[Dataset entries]
-- ===== src/Transport.antt =====
-- smp/transport.go: the block framing of a Conn, its deadlines, and the pinning of the server's
-- certificate. The TLS connection and the clock are parameters.
pub mod Framing
pub mod Pinning
pub mod Opening
use simplex_go.Base.{
  ℕ, ◌+◌, ◌-◌, ◌%◌, ◌^◌, Bool, true, false, ◌||◌, Option, none, some, List, [], ◌∷◌, ◌++◌, be16,
  uint16_of, ltb, ◌==◌, if◌then◌else◌, length, take, drop, replicate, Bytes, bytes_eq, Error,
  Result, Op, bad_block, large_block, short_block, fingerprint_mismatch, sentinel, other, ok, err,
}

abbrev pub smp_block_size : ℕ
smp_block_size = 16384

-- The block that WriteBlock builds, or its early return.
unfoldable pub frame : Bytes → Result Bytes
frame payload =
    if ltb (smp_block_size - 2) (length payload)
    then err (sentinel large_block)
    else ok (
        be16 (length payload % 2 ^ 16)
        ++ (payload ++ replicate (smp_block_size - (2 + length payload)) b'#'))

-- What ReadBlock makes of a block of smp_block_size bytes.
unfoldable pub unframe : Bytes → Result Bytes
unframe block =
    let length' = uint16_of (take 2 block) in
    if ltb (smp_block_size - 2) length'
    then err (sentinel bad_block)
    else ok (take length' (drop 2 block))

-- The outcome of io.ReadFull on a buffer of smp_block_size bytes.
pub data ReadFull : Type 0 where
  full : Bytes → ReadFull
  eof unexpected_eof : ReadFull
  failed : Error → ReadFull

unfoldable pub received : ReadFull → Result Bytes
unfolding unframe
received (full block) = unframe block
received eof = err (sentinel short_block)
received unexpected_eof = err (sentinel short_block)
received (failed e) = err e

-- A context.Context as its deadline. `none` is the zero time.Time.
unfoldable pub earliest_deadline : (io now : ℕ) → (ctx : Option ℕ) → Option ℕ
earliest_deadline io now ctx =
    let deadline = if ltb 0 io then some (now + io) else none in
    elim ctx [
      | none ↦ deadline
      | some ctx_deadline ↦ elim deadline [
        | none ↦ some ctx_deadline
        | some t ↦ if ltb ctx_deadline t then some ctx_deadline else some t
      ]
    ]

-- A tls.Conn in its state `tls`, with the deadlines that are set on it.
pub record Conn (S : Type 0) : Type 0 where
  pub tls : S
  pub io_timeout : ℕ
  pub read_deadline : Option ℕ
  pub write_deadline : Option ℕ

-- The two calls of the TLS connection that block framing makes. They may look at the deadline.
pub record Tls (S : Type 0) : Type 0 where
  pub write : Option ℕ → Bytes → Op S (Unit {0})
  pub read_full : Option ℕ → S → ReadFull × S

-- applyWriteDeadline and applyReadDeadline: a zero deadline leaves what was set.
abbrev pub or_keep : Option ℕ → Option ℕ → Option ℕ
or_keep none old = old
or_keep (some t) old = some t

module _ {S : Type 0} (io : Tls S) where
  unfoldable pub write_block : (now : ℕ) (ctx : Option ℕ) → Bytes → Op (Conn S) (Unit {0})
  write_block now ctx payload c = elim (frame payload) [
    | err e ↦ (err e, c)
    | ok block ↦
        let deadline = or_keep (earliest_deadline c.io_timeout now ctx) c.write_deadline in
        let r = io.write deadline block c.tls in
        (r.0, record c { tls = r.1; write_deadline = none })
  ]

  unfoldable pub read_block : (now : ℕ) (ctx : Option ℕ) → Op (Conn S) Bytes
  read_block now ctx c =
      let deadline = or_keep (earliest_deadline c.io_timeout now ctx) c.read_deadline in
      let r = io.read_full deadline c.tls in
      (received r.0, record c { tls = r.1; read_deadline = none })

-- An x509.Certificate: its DER bytes and those of its SubjectPublicKeyInfo.
pub record Certificate : Type 0 where
  pub raw : Bytes
  pub raw_spki : Bytes

-- The VerifyConnection callback of DialTLS, over crypto/sha256.
module _ (sha256 : Bytes → Bytes) where
  unfoldable pub matches_pin : Bytes → Certificate → Bool
  matches_pin expected cert =
      bytes_eq (sha256 cert.raw) expected || bytes_eq (sha256 cert.raw_spki) expected

  unfoldable pub any_matches : Bytes → List Certificate → Bool
  any_matches expected [] = false
  any_matches expected (cert ∷ chain) =
      if matches_pin expected cert then true else any_matches expected chain

  unfoldable pub verify_connection : Bytes → List Certificate → Result (Unit {0})
  verify_connection expected chain =
      if length chain == 0
      then err (other "smp: server presented no certificates")
      else if ltb (length chain) 2 || ltb 4 (length chain)
      then err (other "smp: unexpected cert chain length")
      else if any_matches expected chain
      then ok tt
      else err (sentinel fingerprint_mismatch)
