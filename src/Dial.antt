-- ===== src/Dial.antt =====
-- smp/dial.go and Dial of smp/client.go: the client's side of the SMP handshake on a connection that
-- has done its TLS handshake. The transport, crypto/ecdh and crypto/rand are parameters; a context
-- is part of the transport's state.
pub mod Outcome
pub mod Whole
use simplex_go.Base.{
  ℕ, ◌&&◌, Option, none, some, leb, ◌==◌, if◌then◌else◌, length, Bytes, bytes_eq, Result,
  wrap_result, Op, pure, wrap, ◌>>=◌, ◌>>◌, bind_result, bad_session, sentinel, other, ok, err,
}
use simplex_go.Block.{lift}
use simplex_go.Transmission.{version_v7}
use simplex_go.Handshake.{
  SmpServerHandshake, encode_client_handshake, decode_server_handshake, negotiate_version,
}
use simplex_go.Transport.{smp_block_size}

abbrev pub x25519_key_size : ℕ
x25519_key_size = 32

-- The interface BlockTransport, on a state S.
pub record BlockTransport (S : Type 0) : Type 0 where
  pub read_block : Op S Bytes
  pub write_block : Bytes → Op S (Unit {0})
  pub close : Op S (Unit {0})

-- ecdh.X25519(): a fresh private key with its public key, and the public key of a private one.
pub record X25519 : Type 0 where
  pub generate : Result (Bytes × Bytes)
  pub public_of : Bytes → Result Bytes

-- `none` is the nil key.
pub record HandshakeParams : Type 0 where
  pub version : ℕ
  pub sess_id : Bytes
  pub peer_auth_pub_key : Option Bytes
  pub block_size : ℕ

-- Step 4: the public key that the client offers, nil before version 7.
unfoldable pub own_public : X25519 → ℕ → Option Bytes → Result (Option Bytes)
own_public curve v own_auth_priv =
    if leb version_v7 v
    then (elim own_auth_priv [
      | none ↦
          bind_result (wrap_result "smp: generate ephemeral X25519" curve.generate)
            λ k. ok (some k.1)
      | some priv ↦
          if length priv == x25519_key_size
          then bind_result (wrap_result "smp: parse ownAuthPriv" (curve.public_of priv))
              (λ k. ok (some k))
          else err (other "smp: ownAuthPriv must be 32 bytes")
    ])
    else ok none

-- The server's key, where its hello has exactly a raw X25519 key.
abbrev pub peer_public : ℕ → Bytes → Option Bytes
peer_public v raw = if leb version_v7 v && length raw == x25519_key_size then some raw else none

abbrev pub check_session_id : Bytes → SmpServerHandshake → Result (Unit {0})
check_session_id session_id srv =
    if bytes_eq srv.session_id session_id then ok tt else err (sentinel bad_session)

-- Steps 1 to 5 between the read and the write: the bytes of the client's hello, and the parameters
-- that are returned if they can be written.
unfoldable pub client_reply :
    X25519 → (expected session_id : Bytes) → Option Bytes → Bytes → Result (Bytes × HandshakeParams)
client_reply curve expected session_id own_auth_priv hello_bytes =
    bind_result (wrap_result "smp: decode serverHello" (decode_server_handshake hello_bytes)) λ srv.
      bind_result (check_session_id session_id srv) λ _.
        bind_result (negotiate_version srv.version_range) λ v.
          bind_result (own_public curve v own_auth_priv) λ own_pub.
            bind_result
              (wrap_result "smp: encode clientHello" (
                encode_client_handshake
                  (record { version = v; key_hash = expected; auth_pub_key_raw = own_pub })))
              λ cli_bytes. ok (
                cli_bytes,
                record {
                  version = v;
                  sess_id = session_id;
                  peer_auth_pub_key = peer_public v srv.auth_pub_key_raw;
                  block_size = smp_block_size;
                },
              )

module _ {S : Type 0} (conn : BlockTransport S) (curve : X25519) (expected session_id : Bytes) where
  unfoldable pub run_client_handshake : Option Bytes → Op S HandshakeParams
  run_client_handshake own_auth_priv = do
    hello_bytes ← wrap "smp: read serverHello" conn.read_block
    (cli_bytes, params) ← lift (client_reply curve expected session_id own_auth_priv hello_bytes)
    wrap "smp: write clientHello" (conn.write_block cli_bytes)
    pure params

  -- if err != nil { _ = conn.Close(); return nil, err }
  abbrev pub close_on_error : Result HandshakeParams → Op S HandshakeParams
  close_on_error (ok params) s = (ok params, s)
  close_on_error (err e) s = (err e, (conn.close s).1)

  -- Dial after DialTLS: a handshake that fails closes the connection, and its own error is returned.
  unfoldable pub dial : Option Bytes → Op S HandshakeParams
  dial own_auth_priv s = let r = run_client_handshake own_auth_priv s in close_on_error r.0 r.1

* THE TASK: Reproduce every line above containing "elim".

* RESPONSE TO THIS EXERCISE:
    elim ctx [
      | some ctx_deadline ↦ elim deadline [
  write_block now ctx payload c = elim (frame payload) [
    then (elim own_auth_priv [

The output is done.